Woods mixed in five of them, along with three bogeys, in a round that had everything. The most unexpected moment happened beneath a stand of trees to the left of the par-5 11th fairway. With his ball nestled in pine needles inches from a tree, Woods had little choice but to hit the ball left handed. He addressed the ball with the toe of his pitching wedge pointing down and slashed at the ball.

He hit it flush.

“I actually hit it too good,” said Woods, who occasionally practices left-handed shots around putting greens.

The ball shot across the fairway behind another tree. From there, he made bogey after trying to cut his third shot onto the green. Instead, he missed the putting surface and then failed to get up and down from behind the green.

“I made 6 on a hole that I should have been making 4,” he said.

One week after testing various driver shafts at Quail Hollow, Woods mostly kept the driver in the bag Saturday, a concession both to the firm conditions and to his lack of comfort with his long game.

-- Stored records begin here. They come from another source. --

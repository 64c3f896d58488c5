-- ===== src/Gpu/Pods.antt =====
-- `TotalPods` (internal/biz/gpu/gpu.go) and what it stands for.
use ani_inference_service.Prelude.{ℕ, ok, ◌+◌, ◌*◌, ◌≤◌, pos, ◌≡◌, arith, ℤ, negsuc, ◌↔◌, subst}
use ani_inference_service.Gpu.{
  total_pods, pods_by_mode, no_workers, leader_worker_pods, max_int32, RuntimeMode, unset_mode,
  deployment, leader_worker_set,
}
use ani_inference_service.Gpu.{other_mode}

-- Modes without workers of their own.
pub data Single : RuntimeMode → Type 0 where
  by_default : Single unset_mode
  by_deployment : Single deployment

-- The Pods of `replicas` replicas in a mode: one each, where no worker or one is named, or a leader
-- with at least one worker, as long as int32 holds their number.
pub data Pods : ℤ → RuntimeMode → ℤ → ℕ → Type 0 where
  single :
      {replicas workers : ℕ} {mode : RuntimeMode}
      → Single mode
      → 1 ≤ replicas
      → workers ≤ 1
      → Pods (pos replicas) mode (pos workers) replicas
  groups :
      {replicas workers : ℕ}
      → 1 ≤ replicas
      → 1 ≤ workers
      → replicas * (workers + 1) ≤ max_int32
      → Pods (pos replicas) leader_worker_set (pos workers) (replicas * (workers + 1))

-- The code counts the Pods that are meant, and fails otherwise.
pub Pods-total_pods :
    {replicas workers : ℤ} {mode : RuntimeMode} {n : ℕ}
    → Pods replicas mode workers n
    → total_pods replicas mode workers ≡ ok n
unfolding total_pods pods_by_mode no_workers leader_worker_pods
Pods-total_pods (single by_default r w) = ground arith
Pods-total_pods (single by_deployment r w) = ground arith
Pods-total_pods (groups r w m) = ground arith

single-parts :
    (replicas workers n : ℕ)
    → total_pods (pos replicas) deployment (pos workers) ≡ ok n
    → (1 ≤ replicas) × (workers ≤ 1) × (replicas ≡ n)
unfolding total_pods pods_by_mode no_workers
single-parts replicas workers n e = (ground arith, ground arith, ground arith)

groups-parts :
    (replicas workers n : ℕ)
    → total_pods (pos replicas) leader_worker_set (pos workers) ≡ ok n
    → (1 ≤ replicas)
      × (1 ≤ workers)
      × (replicas * (workers + 1) ≤ max_int32)
      × (replicas * (workers + 1) ≡ n)
unfolding total_pods pods_by_mode leader_worker_pods
groups-parts replicas workers n e = (ground arith, ground arith, ground arith, ground arith)

total_pods-Single :
    (replicas workers n : ℕ) {mode : RuntimeMode}
    → Single mode
    → total_pods (pos replicas) deployment (pos workers) ≡ ok n
    → Pods (pos replicas) mode (pos workers) n
total_pods-Single replicas workers n m e =
    let (r, w, same) = single-parts replicas workers n e in
    subst (Pods (pos replicas) _ (pos workers)) same (single m r w)

total_pods-Pods :
    (replicas workers : ℤ) (mode : RuntimeMode) (n : ℕ)
    → total_pods replicas mode workers ≡ ok n
    → Pods replicas mode workers n
unfolding total_pods pods_by_mode no_workers leader_worker_pods
total_pods-Pods (pos r) (pos w) unset_mode n e = total_pods-Single r w n by_default e
total_pods-Pods (pos r) (pos w) deployment n e = total_pods-Single r w n by_deployment e
total_pods-Pods (pos r) (pos w) leader_worker_set n e =
    let (a, b, c, same) = groups-parts r w n e in
    subst (Pods (pos r) leader_worker_set (pos w)) same (groups a b c)
total_pods-Pods (pos r) workers (other_mode s) n e = ground arith
total_pods-Pods (pos r) (negsuc w) unset_mode n e = ground arith
total_pods-Pods (pos r) (negsuc w) deployment n e = ground arith
total_pods-Pods (pos r) (negsuc w) leader_worker_set n e = ground arith
total_pods-Pods (negsuc r) workers mode n e = ground arith

-- The code counts a number of Pods exactly where the replicas are positive and either the mode
-- takes no workers, at most one is named, and the number is that of the replicas; or the mode is
-- leader and workers, at least one is named, and int32 holds the replicas times one more than the
-- workers, which is the number.
pub total_pods_iff :
    (replicas workers : ℤ) (mode : RuntimeMode) (n : ℕ)
    → (total_pods replicas mode workers ≡ ok n) ↔ Pods replicas mode workers n
total_pods_iff replicas workers mode n =
    (total_pods-Pods replicas workers mode n, λ p. Pods-total_pods p)
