-- ===== src/Contract/Topology.antt =====
-- What `NormalizeTopology` (api/inference/contract/v1/managed_contract.go) computes, against
-- `TotalPods` (internal/biz/gpu/gpu.go).
use native.Mathlib.Nat.{le-div_iff_mul-le}
use ani_inference_service.Gpu.{unset_mode, deployment, leader_worker_set, other_mode}
use ani_inference_service.Gpu.Pods.{
  single, groups, by_default, by_deployment, Single, Pods, Pods-total_pods,
}
use ani_inference_service.Gpu.{total_pods}
use ani_inference_service.Contract.{
  max_int64, ExecutionTopology, max_int32, containers, bounded_topology, too_many_devices,
  too_many_containers, too_many_gpu_containers, RuntimeMode, normalize_topology, RuntimeSpec,
  is_kserve, provider_not_kserve, replicas_not_positive,
}
use ani_inference_service.Prelude.{
  ◌≤◌, ℕ, ◌*◌, ◌≡◌, ◌<◌, ◌/◌, not, arith, ok-injective, ok, String, suc, ◌>>◌, pos, ◌&&◌, refl,
  guard, false, leb, ltb, zero, ℤ, leb→le, subst, guard-then-eq-ok, ltb_ℤ, ◌+◌, ap, >>=-eq-ok, ◌∙◌,
  ◌>>=◌, negsuc, sym, not-eq-true,
}

-- A topology within the bounds of the wire and of the accelerator.
pub record IsBounded (devices : ℕ) (t : ExecutionTopology) : Type 0 where
  pub containers_fit : t.execution_replicas ≤ max_int32
  pub devices_kept : t.devices_per_replica ≡ devices
  pub devices_counted : t.total_devices ≡ t.execution_replicas * devices
  pub devices_fit : t.total_devices ≤ max_int64
  pub gpu_containers : 0 < devices → t.execution_replicas ≤ 16

devices_within :
    (devices pods : ℕ)
    → (ltb 0 devices && ltb (max_int64 / devices) pods) ≡ false
    → pods * devices ≤ max_int64
devices_within zero pods h = omega arith
devices_within (suc n) pods h = (le-div_iff_mul-le {k = suc n} (omega arith)).0 (ground arith)

bounded_topology-IsBounded :
    (devices pods : ℕ) (name : String) (t : ExecutionTopology)
    → bounded_topology devices (pods, name) ≡ ok t
    → IsBounded devices t × (t.execution_replicas ≡ pods)
unfolding bounded_topology
bounded_topology-IsBounded devices pods name t e =
    let result : ExecutionTopology = record {
      execution_replicas = pods;
      container_name = name;
      devices_per_replica = devices;
      total_devices = pods * devices;
    } in
    let few = not (ltb 0 devices && ltb 16 pods) in
    let counted = not (ltb 0 devices && ltb (max_int64 / devices) pods) in
    let third = guard counted too_many_devices >> ok result in
    let (small, e1) =
      guard-then-eq-ok (leb pods max_int32) too_many_containers
        (guard few too_many_gpu_containers >> third) e in
    let (gpu, e2) = guard-then-eq-ok few too_many_gpu_containers third e1 in
    let (within, same) = guard-then-eq-ok counted too_many_devices (ok result) e2 in
    subst (λ x. IsBounded devices x × (x.execution_replicas ≡ pods)) (ok-injective same)
      (
        record {
          containers_fit = leb→le pods max_int32 small;
          devices_kept = refl;
          devices_counted = refl;
          devices_fit = devices_within devices pods (not-eq-true _ within);
          gpu_containers = λ h. ground arith;
        },
        refl,
      )

single-parts :
    (replicas workers devices pods : ℕ) (name : String)
    → containers replicas deployment (pos workers) devices ≡ ok (pods, name)
    → (workers ≤ 1) × (replicas ≡ pods)
unfolding containers
single-parts replicas workers devices pods name e = (ground arith, ground arith)

groups-parts :
    (replicas workers devices pods : ℕ) (name : String)
    → containers replicas leader_worker_set (pos workers) devices ≡ ok (pods, name)
    → (1 ≤ workers) × (devices ≡ 0) × (replicas * (workers + 1) ≡ pods)
unfolding containers
groups-parts replicas workers devices pods name e = (ground arith, ground arith, ground arith)

-- Groups have no accelerator devices.
abbrev pub Ungrouped : ℕ → RuntimeMode → Type 0
Ungrouped devices mode = mode ≡ leader_worker_set → devices ≡ 0

Single-Pods :
    (replicas workers devices pods : ℕ) (name : String) {mode : RuntimeMode}
    → Single mode
    → 1 ≤ replicas
    → containers replicas deployment (pos workers) devices ≡ ok (pods, name)
    → Pods (pos replicas) mode (pos workers) pods
Single-Pods replicas workers devices pods name m h e =
    let (w, same) = single-parts replicas workers devices pods name e in
    subst (Pods (pos replicas) _ (pos workers)) same (single m h w)

containers-Pods :
    (replicas devices pods : ℕ) (workers : ℤ) (name : String) (mode : RuntimeMode)
    → 1 ≤ replicas
    → pods ≤ max_int32
    → containers replicas mode workers devices ≡ ok (pods, name)
    → Pods (pos replicas) mode workers pods × Ungrouped devices mode
unfolding containers
containers-Pods replicas devices pods (pos w) name unset_mode h fit e =
    (Single-Pods replicas w devices pods name by_default h e, λ x. cc)
containers-Pods replicas devices pods (pos w) name deployment h fit e =
    (Single-Pods replicas w devices pods name by_deployment h e, λ x. cc)
containers-Pods replicas devices pods (pos w) name leader_worker_set h fit e =
    let (low, none_, same) = groups-parts replicas w devices pods name e in
    let fits : replicas * (w + 1) ≤ max_int32 = subst (λ n. n ≤ max_int32) (sym same) fit in
    (subst (Pods (pos replicas) leader_worker_set (pos w)) same (groups h low fits), λ x. none_)
containers-Pods replicas devices pods workers name (other_mode m) h fit e = cc
containers-Pods replicas devices pods (negsuc w) name unset_mode h fit e = absurd (ground arith)
containers-Pods replicas devices pods (negsuc w) name deployment h fit e = absurd (ground arith)
containers-Pods replicas devices pods (negsuc w) name leader_worker_set h fit e =
    absurd (ground arith)

-- A business topology that is normalised runs as many containers as `TotalPods` counts Pods, which an
-- int32 holds; with accelerator devices these are at most 16, in no groups, and the number of all
-- devices is their product with the devices of each, which an int64 holds.
pub normalize_topology-IsBounded :
    (runtime : RuntimeSpec) (replicas : ℤ) (devices : ℕ) (t : ExecutionTopology)
    → normalize_topology runtime replicas devices ≡ ok t
    → IsBounded devices t
      × (total_pods replicas runtime.mode runtime.worker_replicas ≡ ok t.execution_replicas)
      × Ungrouped devices runtime.mode
unfolding normalize_topology
normalize_topology-IsBounded runtime (pos n) devices t e =
    let found = containers n runtime.mode runtime.worker_replicas devices in
    let end = found >>= bounded_topology devices in
    let kserve = guard (is_kserve runtime.provider) provider_not_kserve >> end in
    let (positive, e1) =
      guard-then-eq-ok (not (ltb_ℤ (pos n) (pos 1))) replicas_not_positive kserve e in
    let (k, e2) = guard-then-eq-ok (is_kserve runtime.provider) provider_not_kserve end e1 in
    let ((pods, name), counted, e3) = >>=-eq-ok (bounded_topology devices) found e2 in
    let (bounded, same) = bounded_topology-IsBounded devices pods name t e3 in
    let fit = subst (λ x. x ≤ max_int32) same bounded.containers_fit in
    let (meant, ungrouped) =
      containers-Pods n devices pods runtime.worker_replicas name runtime.mode (ground arith) fit
        counted in
    (bounded, Pods-total_pods meant ∙ ap ok (sym same), ungrouped)
normalize_topology-IsBounded runtime (negsuc n) devices t e =
    let end =
      containers 0 runtime.mode runtime.worker_replicas devices >>= bounded_topology devices in
    let kserve = guard (is_kserve runtime.provider) provider_not_kserve >> end in
    let (positive, e1) =
      guard-then-eq-ok (not (ltb_ℤ (negsuc n) (pos 1))) replicas_not_positive kserve e in
    absurd (ground arith)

“I’m not that far off,” Woods said. “Look at my rounds since I’ve come back and played again. I really haven’t been that far off. I just haven’t been as consistent as I was before my injury.”

Throughout his career, Woods has often explained that he was close when coming back from an injury or going through a swing change. He might have a point. His rounds of 71, 69 and 70 at TPC represent the first time he’s carded three consecutive under-par rounds here since the last three rounds of the 2001 Players Championship.

He closed his round with birdies on 16 and 17 and a par on 18 after punching a 6-iron from below the trees on the right side of the fairway and getting up and down from the fringe that hugs the water.

Many questions surround Woods in his sixth tournament back from his layoff. How will he hit the ball off the tee? How will his knee react to playing in back-to-back events? But he continues to find ways to plant himself on leader boards.

In late March at Bay Hill, Woods clawed his way up the board, finally passing O’Hair on the 72nd hole with a birdie putt in the dark.

Once more, he trails a leader by five. Once more, his swing is not where he wants it to be.

Sounds like he has Cejka right where he wants him.